Formerly a primary school teacher and later vice chairman of the local political advisory body, Gonpo Tashi has retired and devoted himself to his "special mission": taking care of the old residence where the Tibetan spiritual leader was born and spent his first years.

Gonpo Tashi is the Dalai Lama's only relative in China. His desire to protect his uncle's old residence was realized in October with a 2.5-million-yuan allocation from the central treasury.

The refurbished compound has retained its original look, but the ground is newly paved, beams have been reinforced and murals were repainted.

The prayer hall contains statues of Sakyamuni, Kwan-yin and the 14th Dalai Lama. The hall is open to Tibetan Buddhists for worship purposes. In addition to locals, pilgrims travel from other Tibetan communities in the neighboring Gansu province and Tibet autonomous region.

Local villagers got wind of the urbanization plan two years ago, with 20 of the 64 families living in Hong'ai purchasing new homes in the county seat, said Qi Liankui, a village official.

"In Hong'ai, the altitude is 2,800 meters. In Ping'an county, however, it is a more comfortable 2,200 meters," said Gonpo Tashi.

His neighbor Tsepal is also looking forward to urban life. Tsepal and her husband grow grain and vegetables to feed their family. Their grown-up son works in the provincial capital of Xining.

"When Ping'an county evolves into a boom town, there'll be more job opportunities close to our home. That will save my son's travel costs and our family will be together more often," said Tsepal.

But like many villagers, she is not sure about the drastic changes that new life might bring to their ancestral land.

Urbanization might affect the income her family receives from trading caterpillar fungus.

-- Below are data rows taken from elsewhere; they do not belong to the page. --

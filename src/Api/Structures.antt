-- ===== src/Api/Structures.antt =====
-- The handlers of the RPC server for the data structures.
use fast_kv_a_lightweight_ke.Base.{some, none, Result, ok, err, ◌>>=◌}
use fast_kv_a_lightweight_ke.Base.Bytes.{Bytes, bytes_key}
use fast_kv_a_lightweight_ke.Base.Dict.{RangeOrder}
use fast_kv_a_lightweight_ke.Service.KvService
use fast_kv_a_lightweight_ke.Service.KvService.{KvService}
use fast_kv_a_lightweight_ke.Api.{
  Request, Response, KvServer, empty_response, ok_response, with_message,
}

unfoldable pub set_add : Request → KvServer → KvServer × Result Response
set_add req s =
    (record s { service = KvService.set_add req.set_name req.value_str s.service }, ok ok_response)

unfoldable pub set_remove : Request → KvServer → KvServer × Result Response
set_remove req s =
    let (service, failure) = KvService.set_remove req.set_name req.value_str s.service in
    elim failure [
      | some e ↦ (record s { service = service }, err e)
      | none ↦ (record s { service = service }, ok ok_response)
    ]

unfoldable pub set_list : RangeOrder Bytes (Unit {0}) → Request → KvServer → Result Response
set_list order req s = do
  answer ← KvService.set_list order req.set_name s.service
  ok (record empty_response { list = answer })

unfoldable pub sorted_list_add : Request → KvServer → KvServer × Result Response
sorted_list_add req s = (
  record s { service = KvService.sorted_list_add req.list_name req.value_str s.service },
  ok ok_response,
)

unfoldable pub sorted_list_get : Request → KvServer → Result Response
sorted_list_get req s = do
  answer ← KvService.sorted_list_get req.list_name s.service
  ok (record empty_response { list = answer })

unfoldable pub map_put : Request → KvServer → KvServer × Result Response
map_put req s = (
  record s { service = KvService.map_put req.map_name req.key req.value_str s.service },
  ok ok_response,
)

unfoldable pub map_get : Request → KvServer → Result Response
map_get req s = do
  answer ← KvService.map_get req.map_name req.key s.service
  ok (record empty_response { data_value = some answer })

unfoldable pub queue_push : Request → KvServer → KvServer × Result Response
queue_push req s = (
  record s { service = KvService.queue_push req.queue_name req.value_str s.service },
  ok ok_response,
)

unfoldable pub queue_pop : Request → KvServer → KvServer × Result Response
queue_pop req s =
    let (service, answer) = KvService.queue_pop req.queue_name s.service in
    (record s { service = service }, answer >>= (λ val. ok (with_message val)))

unfoldable pub queue_peek : Request → KvServer → Result Response
queue_peek req s = do
  answer ← KvService.queue_peek req.queue_name s.service
  ok (with_message answer)

unfoldable pub stack_push : Request → KvServer → KvServer × Result Response
stack_push req s = (
  record s { service = KvService.stack_push req.stack_name req.value_str s.service },
  ok ok_response,
)

unfoldable pub stack_pop : Request → KvServer → KvServer × Result Response
stack_pop req s =
    let (service, answer) = KvService.stack_pop req.stack_name s.service in
    (record s { service = service }, answer >>= (λ val. ok (with_message val)))

unfoldable pub stack_peek : Request → KvServer → Result Response
stack_peek req s = do
  answer ← KvService.stack_peek req.stack_name s.service
  ok (with_message answer)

The family makes up to 20,000 yuan a year trading the fungus.

Digging and selling the fungus, a rare plant native to the Qinghai-Tibet Plateau, is a lucrative trade in Ping'an. But urbanization and industrialization might cause the fungus to disappear altogether in many areas.

On the other hand, Ping'an is not the planned political center of the city of Haidong, according to the government's urbanization plan. The new city center will be in Ledu.

"That might hinder Ping'an's economic development," said Gonpo Tashi. "We have heard that housing prices in the county seat have dropped by 1,000 yuan per square meter since the beginning of this year."

But Sun Faping, a researcher with the provincial academy of social sciences, said urbanization will be crucial in boosting overall growth in China's rural areas, particularly in Tibetan communities.

"The move will bring better schools and hospitals, as well as provide better social security and other public services for local people," said Sun. "It'll be an effective way to narrow the gap between developed and underdeveloped regions."

He Feng, a Tibetan studies specialist at the Qinghai University for Nationalities, called for better preservation of traditional culture during the urbanization drive.

"That'll be important in maintaining cultural diversity and social harmony between the Tibetans and people of other ethnic groups," he said.